Penn Law prof’s comments prove need for racial justice in legal profession
America can never have just laws and policies, or a system that brings equality to everyone, if the caretakers and decision makers of our legal institutions are mostly white.
Why are diversity and inclusion important in the legal profession and in society in general? The justice system is not colorblind, and black and brown men disproportionately fill America’s prisons. If the caretakers and decision-makers of our legal institutions do not reflect the diversity of America, they cannot claim to represent everyone, and society can never hope to overcome unconscious racial bias and discrimination.
The need for diversity and inclusion is as important as ever, as is activism in pursuit of those goals. This reality was brought home very recently when Amy Wax — a University of Pennsylvania Law School professor — denigrated African-American students by questioning their intelligence and claiming they do not belong there.
Wax —who co-wrote an op-ed in the Philadelphia Inquirer in August arguing that the country must return to the “bourgeois” cultural values of the 1950s and who said that all cultures are not equal — appeared in a YouTube interview a month later in which she made derogatory comments about African-American students and alumni. In the video, she told Glenn Loury, an African-American professor at Brown University, that black students at Penn Law and elsewhere should not even go to college, and — echoing the anti-civil rights views of the late U.S. Supreme Court Justice Antonin Scalia — are placed in “demoralizing” and “mismatched” environments where they are asked to compete with people who are “more skilled, sometimes significantly more skilled.”
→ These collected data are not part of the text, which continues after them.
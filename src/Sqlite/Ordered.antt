-- ===== src/Sqlite/Ordered.antt =====
-- The greatest row of an order that looks at one property of the rows first.
use dazeus_core.Base.{
  ◌≡◌, refl, ◌∙◌, Bool, true, false, not, ◌&&◌, ◌||◌, List, [], ◌∷◌, Option, none, some, All, arith,
  if◌then◌else◌, Bool-cases, inl, inr,
}
use dazeus_core.Sqlite.Rows.{keep, greatest}

abbrev pub or_else {ℓ} : {A : Type ℓ} → Option A → Option A → Option A
or_else none o = o
or_else (some a) o = some a

module _ {A : Type 0} where
  abbrev pub Holds : (A → Bool) → A → Type 0
  Holds p x = p x ≡ true

  pub keep-Holds : (p : A → Bool) (xs : List A) → All (Holds p) (keep p xs)
  unfolding keep
  keep-Holds p [] = tt
  keep-Holds p (x ∷ xs) = elim (Bool-cases (p x)) [
    | inl in_it ↦ rw in_it (in_it, keep-Holds p xs)
    | inr out ↦ rw out (keep-Holds p xs)
  ]

  pub keep-All : (P : A → Type 0) (p : A → Bool) (xs : List A) → All P xs → All P (keep p xs)
  unfolding keep
  keep-All P p [] h = tt
  keep-All P p (x ∷ xs) h = elim (Bool-cases (p x)) [
    | inl in_it ↦ rw in_it (h.0, keep-All P p xs h.1)
    | inr out ↦ rw out (keep-All P p xs h.1)
  ]

  -- what the rows share, the greatest one has
  AllOf : (A → Type 0) → Option A → Type 0
  AllOf P none = Unit
  AllOf P (some x) = P x

  greatest-All :
      (P : A → Type 0) (lt : A → A → Bool) (xs : List A) → All P xs → AllOf P (greatest lt xs)
  unfolding greatest AllOf
  greatest-All P lt [] h = tt
  greatest-All P lt (x ∷ xs) h = pick (greatest lt xs) (greatest-All P lt xs h.1)
    where
      pick :
          (o : Option A)
          → AllOf P o
          → AllOf P (elim o [ none ↦ some x | some y ↦ some (if lt x y then y else x) ])
      pick none k = h.0
      pick (some y) k = elim (Bool-cases (lt x y)) [ inl less ↦ rw less k | inr more ↦ rw more h.0 ]

  -- the greatest of a row and what is the greatest of two groups
  pick_of_two :
      (P : A → Type 0) (x : A) (b lt inner : A → Bool) (o q : Option A) (bx : Bool)
      → AllOf P o
      → AllOf P q
      → AllOf (Holds b) o
      → AllOf (Holds (λ y. not (b y))) q
      → ((y : A) → P y → lt y ≡ (if bx then b y && inner y else b y || inner y))
      → elim (or_else o q) [ none ↦ some x | some y ↦ some (if lt y then y else x) ]
        ≡ or_else
            (if bx then elim o [ none ↦ some x | some y ↦ some (if inner y then y else x) ] else o)
            (if bx then q else elim q [ none ↦ some x | some y ↦ some (if inner y then y else x) ])
  unfolding AllOf
  pick_of_two P x b lt inner none none true po pq ho hq e = refl
  pick_of_two P x b lt inner none none false po pq ho hq e = refl
  pick_of_two P x b lt inner (some y) q true po pq ho hq e = ground (arith, e y po)
  pick_of_two P x b lt inner (some y) q false po pq ho hq e = ground (arith, e y po)
  pick_of_two P x b lt inner none (some y) true po pq ho hq e = ground (arith, e y pq)
  pick_of_two P x b lt inner none (some y) false po pq ho hq e = ground (arith, e y pq)

  join_groups :
      (lt : A → A → Bool) (x : A) (us vs : List A) (c : Bool)
      → or_else
          (if c
            then elim (greatest lt us) [ none ↦ some x | some y ↦ some (if lt x y then y else x) ]
            else greatest lt us)
          (if c
            then greatest lt vs
            else elim (greatest lt vs) [ none ↦ some x | some y ↦ some (if lt x y then y else x) ])
        ≡ or_else
            (greatest lt (if c then x ∷ us else us))
            (greatest lt (if not c then x ∷ vs else vs))
  unfolding greatest
  join_groups lt x us vs true = refl
  join_groups lt x us vs false = refl

  keep-cons :
      (p : A → Bool) (x : A) (xs : List A)
      → keep p (x ∷ xs) ≡ (if p x then x ∷ keep p xs else keep p xs)
  unfolding keep
  keep-cons p x xs = refl

  -- If the order looks at `b` first, and at `inner` where that does not decide, the greatest row is
  -- the greatest of those with `b`, or, if there is none, of the others.
  pub greatest-split :
      (P : A → Type 0) (b : A → Bool) (lt inner : A → A → Bool)
      → ((x y : A) → P x → P y → lt x y ≡ (if b x then b y && inner x y else b y || inner x y))
      → (xs : List A) → All P xs
      → greatest lt xs
        ≡ or_else (greatest inner (keep b xs)) (greatest inner (keep (λ y. not (b y)) xs))
  unfolding greatest
  greatest-split P b lt inner e [] h = unfold keep in refl
  greatest-split P b lt inner e (x ∷ xs) h =
      let o = greatest inner (keep b xs) in
      let q = greatest inner (keep (λ y. not (b y)) xs) in
      rw (greatest-split P b lt inner e xs h.1, keep-cons b x xs, keep-cons (λ y. not (b y)) x xs)
        (pick_of_two P x b (lt x) (inner x) o q (b x) (greatest-All P inner _ (keep-All P b xs h.1))
            (greatest-All P inner _ (keep-All P (λ y. not (b y)) xs h.1))
            (greatest-All (Holds b) inner _ (keep-Holds b xs))
            (greatest-All (Holds (λ y. not (b y))) inner _ (keep-Holds (λ y. not (b y)) xs))
            (λ y p. e x y h.0 p)
          ∙ join_groups inner x (keep b xs) (keep (λ y. not (b y)) xs) (b x))

  -- orders that agree on the rows have the same greatest one
  pub greatest-agree :
      (P : A → Type 0) (lt lt' : A → A → Bool)
      → ((x y : A) → P x → P y → lt x y ≡ lt' x y)
      → (xs : List A) → All P xs
      → greatest lt xs ≡ greatest lt' xs
  unfolding greatest
  greatest-agree P lt lt' e [] h = refl
  greatest-agree P lt lt' e (x ∷ xs) h =
      rw (greatest-agree P lt lt' e xs h.1) (pick (greatest lt' xs) (greatest-All P lt' xs h.1))
    where
      pick :
          (o : Option A)
          → AllOf P o
          → elim o [ none ↦ some x | some y ↦ some (if lt x y then y else x) ]
            ≡ elim o [ none ↦ some x | some y ↦ some (if lt' x y then y else x) ]
      pick none k = refl
      pick (some y) k = rw (e x y h.0 (unfold AllOf in k)) refl

  -- the first row with a property
  unfoldable pub first : (A → Bool) → List A → Option A
  first p [] = none
  first p (x ∷ xs) = if p x then some x else first p xs

  pub keep-keep : (p q : A → Bool) (xs : List A) → keep p (keep q xs) ≡ keep (λ x. q x && p x) xs
  unfolding keep
  keep-keep p q [] = refl
  keep-keep p q (x ∷ xs) = elim (Bool-cases (q x)) [
    | inl t ↦ rw t (rw (keep-cons p x (keep q xs), keep-keep p q xs) refl)
    | inr f ↦ rw f (keep-keep p q xs)
  ]

  -- where the order does not decide, the first row is taken
  pub greatest-first :
      (p : A → Bool) (xs : List A) → greatest (λ x y. false) (keep p xs) ≡ first p xs
  unfolding greatest keep first
  greatest-first p [] = refl
  greatest-first p (x ∷ xs) = elim (Bool-cases (p x)) [
    | inl t ↦ rw t (alone (greatest (λ x y. false) (keep p xs)))
    | inr f ↦ rw f (greatest-first p xs)
  ]
    where
      alone : (o : Option A) → elim o [ none ↦ some x | some y ↦ some x ] ≡ some x
      alone none = refl
      alone (some y) = refl

  pub first-false : (xs : List A) → first (λ x. false) xs ≡ none
  unfolding first
  first-false [] = refl
  first-false (x ∷ xs) = first-false xs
“I don’t think I’ve ever seen a black student graduate in the top quarter of the class, rarely in the top half,” she said. “I can think of one or two students who’ve graduated in the top half of my required first year course.”
Wax also claimed that the student-run University of Pennsylvania Law Review has a racial diversity mandate, suggesting students of color who write for the publication are subpar and undeserving.
When I graduated from Penn Law 15 years ago this year, I was president of the Black Law Students Association and part of a coalition of student activists who, concerned about problems of racial inclusion among students and faculty, formed the Penn Law Diversity Initiative. Fifteen years later, these issues around race have not disappeared.
Wax’s remarks have drawn criticism from students, alumni, and professors alike.
A petition signed by more than 800 alums in under a week urged Dean Ted Ruger to respond to Wax’s demeaning and disparaging lies and prohibit her from teaching first-year students and sitting on key committees.
In a thoughtfully written letter to the Penn Law community, Ruger refuted Wax’s claims. He also removed the professor from teaching first-year classes and said he will soon announce initiatives to encourage conversations on freedom of expression, diversity, and inclusivity.
Wrote Ruger:
“In light of Professor Wax’s statements, black students assigned to her class in their first week at Penn Law may reasonably wonder whether their professor has already come to a conclusion about their presence, performance, and potential for success in law school and thereafter. They may legitimately question whether the inaccurate and belittling statements she has made may adversely affect their learning environment and career prospects. These students may reasonably feel an additional and unwarranted burden to perform well, so that their performance not be used or misused by their professor in public discourse about racial inequality in academic success. More broadly, this dynamic may negatively affect the classroom experience for all students regardless of race or background.”
Being young, gifted, and black in America means navigating those in society who promote the narrative of your intellectual inferiority and root for your failure. You are bombarded daily with microaggressions and blatant assaults on your psyche, from those who wish ill upon you and will exert their power so that they may stop you in your tracks. For a first-grader or a first-year law student, this makes for a traumatic, triggering, and alienating experience.
Whites make up over 80 percent of all lawyers, making law the least diverse profession in America. And it is even worse at the top: While lawyers of color are 16 percent of law firms, they are a mere 9 percent of law partners and 11 percent of general counsels at Fortune 500 corporations.
As of 2016, white men were 58 percent of state court judges — who try 90 percent of the cases in the U.S. — and 60 percent of federal court judges, with President Trump working in earnest to increase that number at the highest rate in decades. Further, 95 percent of elected prosecutors are white, and 83 percent are men.
Law schools, which provide the pipeline for the attorneys and for law professors, have improved their enrollment of black and Latino students, though many prestigious schools need to do more.
Why is this important? America can never hope to have just laws and policies, or a system that brings equity and equality to everyone if the vast majority of judges, prosecutors, defense attorneys, and law professors are white.
We live at a time when activism matters, when people are taking a stand and demanding change — from #BlackLivesMatter and #MeToo to the striking teachers and the high school student walkouts against gun violence. While everyone is not committed to ensuring equality and opportunity for all and ending institutional racism, those who cannot tolerate things as they are must shout it to the rooftops and fight for justice.